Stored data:
::::
-- ===== src/Orders/Total.antt =====
-- No exception leaves the orders server: each method throws only exceptions that are mapped to an
-- error that can be printed.
use ecommerce_platform.Prelude.{
  ℕ, ◌≡◌, refl, sym, ap, subst, ◌∙◌, inl, inr, Bool, true, false, ◌&&◌, List, [], ◌∷◌, Option, none,
  some, arith, if◌then◌else◌, Bool-cases, Option-cases, All, All-append, ◌===◌, Text, text, ◌<◌,
}
use ecommerce_platform.Http.Context.{RequestContext}
use ecommerce_platform.Http.Controller.{RouteDescription}
use ecommerce_platform.Http.Controller.Registration.{is_spelled, latest, handler_at-add_all}
use ecommerce_platform.Http.Controller.{register_routes}
use ecommerce_platform.Routing.Trie.{empty_node}
use ecommerce_platform.Routing.Trie.Adding.Effect.{route_pattern}
use ecommerce_platform.Routing.Trie.Adding.Steps.{handler_at-empty_node}
use ecommerce_platform.Http.Error.{Status, Outcome, HttpError, returns, throws, ◌>>=◌}
use ecommerce_platform.Http.ErrorMapping.{map_exception}
use ecommerce_platform.Http.Json.{JsonLibrary, IsAscii}
use ecommerce_platform.Http.Message.{Request, Response, json_response, error_response}
use ecommerce_platform.Http.Message.Printing.{IsPrintable, error_reply, error_response-error_reply}
use ecommerce_platform.Http.Router.{
  Target, Handler, controller_unavailable, invalid_request_target, route_not_found, HandlerPointer,
  bind_handler, answer, route,
}
use ecommerce_platform.Http.Router.Answers.{rejected, unrouted, handled, route-Routed}
use ecommerce_platform.Http.Verb.{Verb, Verb-eq}
use ecommerce_platform.Orders.Controller.{
  OrdersController, invalid_request_body, list, remove_all, get_by_id, update, delete,
  get_order_name, name_field, update_order_name, test_method, routes,
}
use ecommerce_platform.Orders.Routes.{orders_trie, orders_trie-IsWellFormed, register_routes-orders}
use ecommerce_platform.Orders.Serving.{ascii-IsPrintable}
use ecommerce_platform.Parser.Params.{TypedParams, invalid_parameter_what, try_get, required}
use ecommerce_platform.Parser.Values.{ValueType, Value}
use ecommerce_platform.Routing.Trie.Table.{RouteStep-eq, Pattern, handler_at}

module _ (lib : JsonLibrary) where
  open lib use {Json}

  -- What is thrown is mapped to an error with UTF-8 texts.
  abbrev pub IsMild {ℓ} : {A : Type ℓ} → Outcome A → Type 0
  IsMild (returns a) = Unit
  IsMild (throws e) = IsPrintable lib (map_exception e)

  bind-IsMild {ℓ κ} :
      {A : Type ℓ} {B : Type κ} (m : Outcome A) (f : A → Outcome B)
      → IsMild m
      → ((a : A) → IsMild (f a))
      → IsMild (m >>= f)
  bind-IsMild (returns a) f h k = k a
  bind-IsMild (throws e) f h k = h

  json_response-IsMild :
      (req : Request) (status : Status) (body : Json) → IsMild (json_response lib req status body)
  unfolding json_response map_exception
  json_response-IsMild req status body = elim (Bool-cases (lib.printable body)) [
    | inl p ↦ rw p tt
    | inr p ↦ rw p (ascii-IsPrintable lib _ (omega arith))
  ]

  error_response-IsMild :
      (req : Request) (error : HttpError) → IsMild (error_response lib req error)
  unfolding error_response
  error_response-IsMild req error = json_response-IsMild req error.status _

  required-IsMild :
      (t : ValueType) (params : TypedParams) (key : Text)
      → IsAscii key
      → IsMild (required t params key)
  unfolding required map_exception invalid_parameter_what
  required-IsMild t params key a = elim (Option-cases (try_get t params key)) [
    | inl missing ↦
        rw (missing, required)
          (ascii-IsPrintable lib _ (
            omega arith,
            All-append (λ c. c < 128) (text "Missing or invalid parameter: ") key (omega arith) a,
          ))
    | inr (value, found) ↦ rw (found, required) tt
  ]

  -- A method that never throws anything else.
  abbrev pub IsMildMethod : HandlerPointer OrdersController → Type 0
  IsMildMethod method = (c : OrdersController) (ctx : RequestContext) → IsMild (method c ctx)

  numbered-IsMild :
      (t : ValueType) (params : TypedParams) (f : Value t → Outcome Response)
      → ((v : Value t) → IsMild (f v))
      → IsMild (required t params (text "order_id") >>= f)
  numbered-IsMild t params f k =
      bind-IsMild _ f (required-IsMild t params (text "order_id") (omega arith)) k

  update_order_name-IsMild : IsMildMethod (update_order_name lib)
  unfolding update_order_name
  update_order_name-IsMild c ctx = numbered-IsMild _ _ _ λ z.
      elim (Option-cases (name_field lib (lib.parse ctx.request.body))) [
        | inl missing ↦ rw missing (error_response-IsMild ctx.request invalid_request_body)
        | inr (name, found) ↦ rw found (json_response-IsMild ctx.request 200 _)
      ]

  routes-IsMild :
      All (λ (r : RouteDescription OrdersController). IsMildMethod r.handler) (routes lib)
  unfolding routes list remove_all get_by_id update delete get_order_name test_method
  routes-IsMild = (
    (λ c ctx. json_response-IsMild ctx.request 200 _),
    (
      (λ c ctx. json_response-IsMild ctx.request 200 _),
      (
        (λ c ctx. numbered-IsMild _ _ _ (λ s. json_response-IsMild ctx.request 200 _)),
        (
          (λ c ctx. numbered-IsMild _ _ _ (λ z. json_response-IsMild ctx.request 200 _)),
          (
            (λ c ctx. numbered-IsMild _ _ _ (λ z. json_response-IsMild ctx.request 200 _)),
            (
              (λ c ctx. numbered-IsMild _ _ _ (λ z. json_response-IsMild ctx.request 200 _)),
              (
                update_order_name-IsMild,
                (
                  (λ c ctx. numbered-IsMild _ _ _ λ z.
                      bind-IsMild _ _ (required-IsMild _ _ (text "random_string") (omega arith))
                        (λ r. json_response-IsMild ctx.request 200 _)),
                  tt,
                ),
              ),
            ),
          ),
        ),
      ),
    ),
  )

  -- The handlers that the router makes of mild methods are mild, whatever the weak pointers say.
  abbrev IsMildEntry : Option (Handler OrdersController) → Type 0
  IsMildEntry none = Unit
  IsMildEntry (some handler) =
      (lock : ℕ → Option OrdersController) (ctx : RequestContext) → IsMild (handler lock ctx)

  bind_handler-IsMildEntry :
      (method : HandlerPointer OrdersController)
      → IsMildMethod method
      → IsMildEntry (some (bind_handler lib method 0))
  unfolding bind_handler
  bind_handler-IsMildEntry method h lock ctx = elim (Option-cases (lock 0)) [
    | inl gone ↦ rw (gone, bind_handler) (error_response-IsMild ctx.request controller_unavailable)
    | inr (c, alive) ↦ rw (alive, bind_handler) (h c ctx)
  ]

  latest-IsMildEntry :
      (q : Pattern) (v : Verb) (rs : List (RouteDescription OrdersController))
      (before : Option (Handler OrdersController))
      → All (λ (r : RouteDescription OrdersController). IsMildMethod r.handler) rs
      → IsMildEntry before
      → IsMildEntry (latest lib 0 q v rs before)
  unfolding latest
  latest-IsMildEntry q v [] before h b = b
  latest-IsMildEntry q v (r ∷ rs) before (h, hs) b =
      latest-IsMildEntry q v rs _ hs
        (entry (is_spelled (route_pattern r.path) q && (r.method === v)))
    where
      entry :
          (test : Bool) → IsMildEntry (if test then some (bind_handler lib r.handler 0) else before)
      entry true = bind_handler-IsMildEntry r.handler h
      entry false = b

  orders_trie-latest :
      (q : Pattern) (v : Verb)
      → handler_at q v (orders_trie lib) ≡ latest lib 0 q v (routes lib) none
  unfolding register_routes
  orders_trie-latest q v =
      ap (λ r. handler_at q v (r.0)) (sym (register_routes-orders lib))
      ∙ handler_at-add_all lib 0 (routes lib) empty_node q v (tt, tt, tt)
          (ap (λ r. r.1) (register_routes-orders lib))
      ∙ ap (latest lib 0 q v (routes lib)) (handler_at-empty_node v q)

  orders_trie-IsMildEntry :
      (q : Pattern) (v : Verb) → IsMildEntry (handler_at q v (orders_trie lib))
  orders_trie-IsMildEntry q v =
      subst IsMildEntry (sym (orders_trie-latest q v))
        (latest-IsMildEntry q v (routes lib) none routes-IsMild tt)

  answer-IsMild :
      (req : Request) (o : Outcome Response)
      → IsMild o
      → (res : Response) × (answer lib req o ≡ returns res)
  unfolding answer
  answer-IsMild req (returns res) h = (res, refl)
  answer-IsMild req (throws e) h = (
    error_reply lib req (map_exception e),
    error_response-error_reply lib req (map_exception e) h,
  )

  -- Every request to the orders server is answered, and no exception leaves Router::Route: whatever the
  -- request holds, and whether the controller is still there or not.
  pub route-returns :
      (parse_target : Text → Option Target) (lock : ℕ → Option OrdersController) (req : Request)
      → (res : Response) × (route lib parse_target lock (orders_trie lib) req ≡ returns res)
  route-returns parse_target lock req =
      elim (route-Routed lib parse_target lock (orders_trie lib) (orders_trie-IsWellFormed lib)
        req) [
          | rejected bad e ↦ (
            error_reply lib req invalid_request_target,
            e
                ∙ error_response-error_reply lib req invalid_request_target
                    (ascii-IsPrintable lib invalid_request_target (omega arith)),
          )
          | unrouted parsed good missing e ↦ (
            error_reply lib req route_not_found,
            e
                ∙ error_response-error_reply lib req route_not_found
                    (ascii-IsPrintable lib route_not_found (omega arith)),
          )
          | handled parsed p handler params good held fits same e ↦
              let mild : IsMildEntry (some handler) =
                subst IsMildEntry held (orders_trie-IsMildEntry p req.method) in
              let (res, a) = answer-IsMild req _ (mild lock _) in (res, e ∙ a)
        ]
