-- ===== src/Server/Session.antt =====
-- Session of common/http/include/Session.hpp and common/http/src/Session.cpp. A handler that the
-- strand runs is one function on the session's state; `pending` is the operation whose completion
-- the session waits for. The handler of requests is a parameter.
pub mod Steps
pub mod Bound
pub mod Closing
pub mod Draining
use ecommerce_platform.Prelude.{
  ℕ, ◌+◌, Bool, true, false, not, Option, none, some, leb, ◌==◌, if◌then◌else◌, [], text,
}
use ecommerce_platform.Http.Error.{HttpError, Outcome, returns, ◌>>=◌}
use ecommerce_platform.Http.Json.{JsonLibrary}
use ecommerce_platform.Http.Message.{Request, Response, error_response}
use ecommerce_platform.Http.Verb.{other_verb}

-- SessionConfig, the timeouts in seconds.
pub record SessionConfig : Type 0 where
  pub first_read_timeout : ℕ
  pub keep_alive_timeout : ℕ
  pub header_limit_bytes : ℕ
  pub body_limit_bytes : ℕ
  pub max_requests_per_connection : ℕ

-- The error codes that the session tells apart.
pub data ErrorCode : Type 0 where
  timeout end_of_stream header_limit body_limit other_error : ErrorCode

-- Session::State
pub data State : Type 0 where
  k_open k_closing k_closed : State

-- What Close has done to the socket: nothing, a shutdown of its sending half, or all three calls.
pub data Socket : Type 0 where
  connected half_closed disconnected : Socket

-- No operation before Run and after the last one, or a read or a write, with a mark whether the
-- socket was open when it began.
pub data Pending : Type 0 where
  not_started nothing : Pending
  reading : Bool → Pending
  writing : Bool → Response → Pending

-- The limits of the request parser.
pub record Parser : Type 0 where
  pub header_limit : ℕ
  pub body_limit : ℕ

pub record Session : Type 0 where
  pub state : State
  pub requests_handled : ℕ
  pub pending : Pending
  pub socket : Socket
  pub parser : Option Parser
  pub expires_after : ℕ
  -- Whether on_close_ is set, and how often it was called.
  pub on_close : Bool
  pub closes : ℕ

-- A session that was just constructed.
abbrev pub new_session : Bool → Session
new_session on_close = record {
  state = k_open;
  requests_handled = 0;
  pending = not_started;
  socket = connected;
  parser = none;
  expires_after = 0;
  on_close = on_close;
  closes = 0;
}

-- MakeParserError
unfoldable pub make_parser_error : ErrorCode → HttpError
make_parser_error header_limit = record {
  status = 431;
  code = text "header_limit_exceeded";
  message = text "Request header fields are too large";
}
make_parser_error body_limit = record {
  status = 413;
  code = text "body_limit_exceeded";
  message = text "Request body is too large";
}
make_parser_error ec = record {
  status = 400;
  code = text "malformed_http_request";
  message = text "Malformed HTTP request";
}

-- The request that HandleReadError makes: an unknown method, no target and version 1.1.
abbrev pub default_request : Request
default_request = record {
  method = other_verb 0;
  target = [];
  version = 11;
  keep_alive = true;
  body = [];
}

abbrev pub is_open : Socket → Bool
is_open disconnected = false
is_open socket = true

-- The handler that RequestClose dispatches.
unfoldable pub request_close : Session → Session
request_close s = elim s.state [
  | k_open ↦ record s { state = k_closing }
  | k_closing ↦ s
  | k_closed ↦ s
]

-- Close
unfoldable pub close : Bool → Session → Session
close force s =
    let closed = record s {
      state = k_closed;
      socket = if force then disconnected else half_closed;
      closes = if s.on_close then s.closes + 1 else s.closes;
    } in
    elim s.state [ k_open ↦ closed | k_closing ↦ closed | k_closed ↦ s ]

-- The handler that ForceClose dispatches.
unfoldable pub force_close : Session → Session
unfolding close
force_close s = close true s

-- What holds of the operation that has completed when its handler starts.
abbrev pub completed : Session → Session
completed s = record s { pending = nothing }

-- The completion of a write that failed.
unfoldable pub write_failed : Session → Session
unfolding close
write_failed s = close false s

abbrev pub without_keep_alive : Response → Response
without_keep_alive res = record res { keep_alive = false }

abbrev pub start_write : Response → Session → Session
start_write res s = record s {
  pending =
      writing (is_open s.socket)
        (elim s.state [ k_open ↦ res | k_closing ↦ without_keep_alive res | k_closed ↦ res ]);
}

module _ (lib : JsonLibrary) (handler : Request → Outcome Response) (config : SessionConfig) where
  -- DoRead with ConfigureParser
  unfoldable pub do_read : Session → Session
  do_read s = record s {
    parser =
        some (record {
          header_limit = config.header_limit_bytes;
          body_limit = config.body_limit_bytes;
        });
    expires_after =
        if s.requests_handled == 0 then config.first_read_timeout else config.keep_alive_timeout;
    pending = reading (is_open s.socket);
  }

  -- The handler that Run dispatches.
  unfoldable pub run : Session → Session
  unfolding do_read
  run s = do_read s

  -- DoWrite. It runs on the strand, so that RequestClose acts before it returns.
  unfoldable pub do_write : Response → Session → Session
  unfolding request_close
  do_write res s =
      if leb config.max_requests_per_connection s.requests_handled
      then start_write res (request_close s)
      else start_write res s

  -- HandleReadError. What is thrown leaves the strand's handler, and io_context::run with it.
  unfoldable pub handle_read_error : ErrorCode → Session → Outcome Session
  unfolding close do_write
  handle_read_error timeout s = returns (close false s)
  handle_read_error end_of_stream s = returns (close false s)
  handle_read_error ec s = do
    res ← error_response lib default_request (make_parser_error ec)
    returns (do_write (without_keep_alive res) s)

  -- HandleReadSuccess
  unfoldable pub handle_read_success : Request → Session → Outcome Session
  unfolding do_write
  handle_read_success req s = do
    let s' = record s { requests_handled = s.requests_handled + 1 }
    res ← handler req
    returns (do_write res s')

  -- The completion of a write that sent the response.
  unfoldable pub write_sent : Response → Session → Session
  unfolding close do_read
  write_sent res s = if not res.keep_alive then close false s else do_read s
::::
REQUIREMENT: Using the data above, copy each line that contains "before".

ANSWER:
      (before : Option (Handler OrdersController))
      → IsMildEntry before
      → IsMildEntry (latest lib 0 q v rs before)
  latest-IsMildEntry q v [] before h b = b
  latest-IsMildEntry q v (r ∷ rs) before (h, hs) b =
          (test : Bool) → IsMildEntry (if test then some (bind_handler lib r.handler 0) else before)
-- No operation before Run and after the last one, or a read or a write, with a mark whether the
  -- DoWrite. It runs on the strand, so that RequestClose acts before it returns.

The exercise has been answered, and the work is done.